When Nancy was asked about a story behind this drawing, she laughed and said there was none. This is all imagination. However, she said the idea of drawing two-faced monsters was influenced by her own carvings. She had, in one of the earliest carvings she'd made, carved a face on both sides of the head. The heads are those of magic people, or the shamans, who in preforming grow long walrus teeth. The green bodies indicate their nakedness. The woman in the center is being held captive while the man at the bottom is trying to retrieve her.

Artist Profile:
Born: April, 1940 Female E2-390 Place of Birth: Back River Resides: Baker Lake Drawings, Prints, Crafts, Sculpture, Wallhangings

"Nancy Pukingrnak was born in the Chantrey Inlet area of the Keewatin region of the Nortwest Territories. As a young child she led a traditional nomadic existence at the inlet and along the banks of the Back River, living in igloos in the winter and tents in the summer and susisting on a diet of caribou and fish. She was brought to the nearby settlement of Baker Lake in the spring of 1958 following a difficult winter marked by a severe shortage of land foods in the Back River area.
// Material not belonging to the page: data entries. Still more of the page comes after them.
-- ===== src/Lib.antt =====
-- StormNet sends C++ values between the peers of a game: a writer packs them into bits, a pipe puts
-- them behind the header of its channel, a transmitter carries the message, and the protocol of the
-- other side hands it to the receiver of the channel, which reads the values back.
--
-- What models what:
--   Bits         words, shifts and masks as arithmetic on powers of two, numbers as lists of bits
--   BitUtil      NetBitUtil.h: Clz*, CountLeadingZeros, GetRequiredBits, min_store_t
--   BitWriter    NetBitWriterVector.cpp, NetBitWriter.cpp: a record of the bytes, of the bits in use of
--                the last byte, and of the count of bits; WriteBits is write_bits and so on;
--                BitWriter.Cursor has Reserve, RollBack and the writes through a cursor
--   BitReader    NetBitReaderBuffer.cpp, NetBitReader.cpp: a record with the memory that the pointer
--                walks through
--   ReaderVector NetBitReaderVector.cpp: readers that own their bytes
--   Codec        NetSerialize.h, NetDeserialize.h: an interface between types and containers, whose
--                laws say which bits a value is on the wire; its instances are Codec.Basic,
--                Codec.Plain, Optional (NetReflectionOptional.h), ArrayList
--                (NetReflectionArrayList.h), String (NetReflectionString.h) and Number
--                (NetReflectionNumber.h, at an unsigned type of 64 bits); Ptr (NetReflectionPtr.h) has
--                the objects of shared pointers in a heap
--   SparseList   NetReflectionSparseList.h: the list of the slots of its array, and the index behind
--                the highest one; Iterate has the iterators, Wire the full serialization
--   Delta        NetSerializeDelta.h, NetDeserializeDelta.h: an interface as Codec is one; its
--                instance is Delta.Plain; ArrayList.Delta has the lists, Delta.Struct has the reflected structs,
--                as lists of fields with their types, and Delta.Array the arrays
--   Map          NetReflectionMap.h: the list of the keys and values in the order of the keys
--   StaticList   NetReflectionStaticList.h: an index into a list that both sides have
--   Transmitter  NetTransmitter.cpp, NetTransmitterMemory, NetTransmitterNull: headers and queues
--   Protocol     NetProtocol.h, NetProtocolSender.h, NetProtocolReceiver.h: the dispatch of messages
--   Pipe         NetPipeFullState.h, NetPipeFullStateSeq.h, NetPipeBuffer.h, NetPipeMessage.h;
--                Pipe.SenderList is NetMessageSender.h; Pipe.DeltaState is NetPipeDeltaState.h over
--                the ring of states of NetStateStore.h, Pipe.Reliable NetPipeDeltaStateReliable.h
--   Pool         NetPoolAllocator.h: pointers are words of eight bytes, the memory a function
--                from addresses to bytes; Block and Reached have what its pools own
--   Result       exceptions as values
--   Examples     the theorems at concrete inputs
--
-- Writers, readers and containers are values: what C++ changes in place, a function here returns. A
-- callback is modelled by the list of what it was called with. The tuple of the pipes of a protocol is
-- a list over the sum of their types.
--
-- Words are natural numbers, and an operation that wraps around says so (% 2 ^ w). An int64_t is the
-- word of its two's complement. Counts of bits and bytes are below 2 ^ 31 in the sources' use, so
-- `int` arithmetic on them is plain arithmetic. The build without _DEBUG is modelled, with exceptions
-- on, on a little-endian machine.
--
-- WriteBitsInternal and ReadBitsInternal recur on a number of bits that falls by at least one in each
-- round, so the number of bits is fuel enough; WriteBuffer and ReadBuffer take at least eight bytes in
-- each round of words, so the number of bytes is. A capacity that is doubled 64 times is 0 and stays so,
-- which is what the fuel of SparseList.double stands for. The loops that move an iterator
-- through a sparse list, the one that removes its last values, and the one over the blocks of a pool take
-- the number of their tests as fuel, one more than there are slots or blocks; when it runs out, the
-- result is the error does_not_return.
--
-- Not modelled: delta serialization of sparse lists and maps, fixed-point numbers, ranged numbers of
-- signed types, bit buffers, random numbers, replay streams, the type database with the polymorphic
-- values and variants over it, and the tables of connections of server and client.
-- The enet backends (calls of a library), NetLerp.h (floating point) and NetBindings.h
-- (glue to a script engine) are left out.
pub mod Prelude
pub mod Bits
pub mod BitUtil
pub mod Result
pub mod BitWriter
pub mod BitReader
pub mod Codec
pub mod Optional
pub mod ArrayList
pub mod ReaderVector
pub mod String
pub mod Transmitter
pub mod Protocol
pub mod Pipe
pub mod Number
pub mod Ptr
pub mod StaticList
pub mod Examples
pub mod SparseList
pub mod Delta
pub mod Map
pub mod Pool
In a dramatic rescue by the Canadian armed forces, a starving Pukingrnak and her mother, Jessie Oonark, were airlifted to safety. Pukingrnak settled permanently in Baker Lake and married shortly therafter. She has given birth to eleven children, seven of whom are still living. With encouragement from her mother, who went on to become one of Canada's most successful artists, and her sister, Victoria Mamnguqsualuk--both enthusiastically involved in the arts and crafts program initiated at Baker Lake by the Federal government in the early 1960s--Pukingrnak started carving in 1962 and did her first drawings in 1969. Pukingrnak's other siblings, Josiah Nuilaalik, Janet Kigusiuq, Mary Yuusipik, Miriam Nanurluk, and William Noah, also became established, successful artists in their own right. Pukingrnak has forged an equally successful name for herself in the field of Inuit art. She is best known for her drawings and sculpture but also works in fabric. Her grandmother's stories of bygone days and Inuit mythology as well as her own childhood memories serve as an endless source of inspiration. Three recurrent themes dominate Pukingrnak's work--intimate domestic scenes of life on the land, lively depictions of 'Qiviuq', the legendary Inuit hero, and graphic portrayals of 'Qavaq', the mythological multi-headed creature with clawed hands and feet and a tail who preys on human beings. In her art making, Pukngrnak combines old skills with new ones. She is intimately familiar with the traditional life of the Inuit and is herself a meticulous sewer of caribou skin clothing. Yet exposure to books, magazines, and television over the past thirty years has had a profound influence on her view of the world. Pukingrnak's incorporation of Western conventions of spatial perspective distinguishes her art from that of older Inuit artists who draw without reference to space."